Optimizing Agent Behavior over Long Time Scales by Transporting Value
Chia-Chun Hung, Timothy Lillicrap, Josh Abramson, Yan Wu, Mehdi Mirza, Federico Carnevale, Arun Ahuja, Greg Wayne
TL;DR
The paper tackles the challenge of long-horizon credit assignment in reinforcement learning by introducing Temporal Value Transport (TVT), a memory-attentive framework that learns to encode, store, recall, and revalue past events to credit actions across long delays. The authors implement a Reconstructive Memory Agent (RMA) with a differentiable external memory and train it alongside TVT, LSTM+Mem, and LSTM baselines to test memory-based credit assignment in a suite of long-delay tasks. TVT demonstrates faster learning and substantially reduced gradient variance, solving information- and causation-based tasks that impair traditional discounting approaches.

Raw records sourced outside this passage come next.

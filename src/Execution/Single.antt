-- ===== src/Execution/Single.antt =====
-- How often an order is sent to the broker: the invariant behind services/execution/service.py's
-- "reserve exactly one submission".
use icici_breeze_api_trading.Prelude.{
  ℕ, suc, ◌+◌, ◌≤◌, ◌≡◌, List, [], ◌∷◌, ◌++◌, if◌then◌else◌, ◌==◌, arith,
}
use icici_breeze_api_trading.Prelude.Action.{Action}
use icici_breeze_api_trading.Contracts.{Text, Message}
use icici_breeze_api_trading.Oms.Service.{Oms, publish}
use icici_breeze_api_trading.Oms.Journal.{IsAudited}
use icici_breeze_api_trading.Oms.Stable.{IsStable, Kept, posted_keeps}
use icici_breeze_api_trading.Oms.Past.{Past, Past-IsStable}
use icici_breeze_api_trading.Execution.Service.{Placement, Execution, on_oms}

module _ {F : Type 0} where
  abbrev pub submissions : Text → List (Placement F) → ℕ
  submissions k [] = 0
  submissions k (p ∷ ps) = let rest = submissions k ps in if p.order_id == k then suc rest else rest

  pub submissions-append :
      (k : Text) (ps : List (Placement F)) (p : Placement F)
      → submissions k (ps ++ (p ∷ [])) ≡ submissions k ps + submissions k (p ∷ [])
  submissions-append k [] p = omega arith
  submissions-append k (q ∷ ps) p = ground (arith, submissions-append k ps p)

  -- An order is submitted once, and then it has left the approved state for good.
  pub record IsSingle (k : Text) (s : Execution F) : Type 0 where
    pub audited : IsAudited s.oms.repo
    pub once : submissions k s.placed ≤ 1
    pub past : 1 ≤ submissions k s.placed → Past k s.oms

  abbrev After : ℕ → Text → Oms F → Type 0
  After n k o = 1 ≤ n → Past k o

  After-IsStable : (n : ℕ) (k : Text) → IsStable (After n k)
  After-IsStable n k = record {
    saves = λ order a b reason stamp s h f e p c.
        (Past-IsStable k).saves order a b reason stamp s h (f c) e p;
    intents = λ i id s f c. (Past-IsStable k).intents i id s (f c);
    posts = λ m s f c. (Past-IsStable k).posts m s (f c);
  }

  -- What the OMS does by itself submits nothing and takes no submission back.
  pub on_oms-IsSingle :
      {A : Type 0} (k : Text) (m : Action (Oms F) A) (s : Execution F)
      → ((P : Oms F → Type 0) → IsStable P → Kept P s.oms → Kept P (m s.oms).1)
      → IsSingle k s
      → IsSingle k (on_oms m s).1
  on_oms-IsSingle k m s keep h =
      let after =
        keep (After (submissions k s.placed) k) (After-IsStable (submissions k s.placed) k)
          (record { audited = h.audited; kept = h.past }) in
      record { audited = after.audited; once = h.once; past = after.kept }

  pub publish-IsSingle :
      (k : Text) (m : Message F) (s : Execution F)
      → IsSingle k s
      → IsSingle k (on_oms (publish m) s).1
  publish-IsSingle k m s h = on_oms-IsSingle k (publish m) s (λ P st. posted_keeps st m s.oms) h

The work provides a mechanistic link between episodic memory processes and reward-based learning, with potential implications for neuroscience-inspired AI and theories of intertemporal choice in economics.
Abstract
Humans spend a remarkable fraction of waking life engaged in acts of "mental time travel". We dwell on our actions in the past and experience satisfaction or regret. More than merely autobiographical storytelling, we use these event recollections to change how we will act in similar scenarios in the future. This process endows us with a computationally important ability to link actions and consequences across long spans of time, which figures prominently in addressing the problem of long-term temporal credit assignment; in artificial intelligence (AI) this is the question of how to evaluate the utility of the actions within a long-duration behavioral sequence leading to success or failure in a task. Existing approaches to shorter-term credit assignment in AI cannot solve tasks with long delays between actions and consequences. Here, we introduce a new paradigm for reinforcement learning where agents use recall of specific memories to credit actions from the past, allowing them to solve problems that are intractable for existing algorithms. This paradigm broadens the scope of problems that can be investigated in AI and offers a mechanistic account of behaviors that may inspire computational models in neuroscience, psychology, and behavioral economics.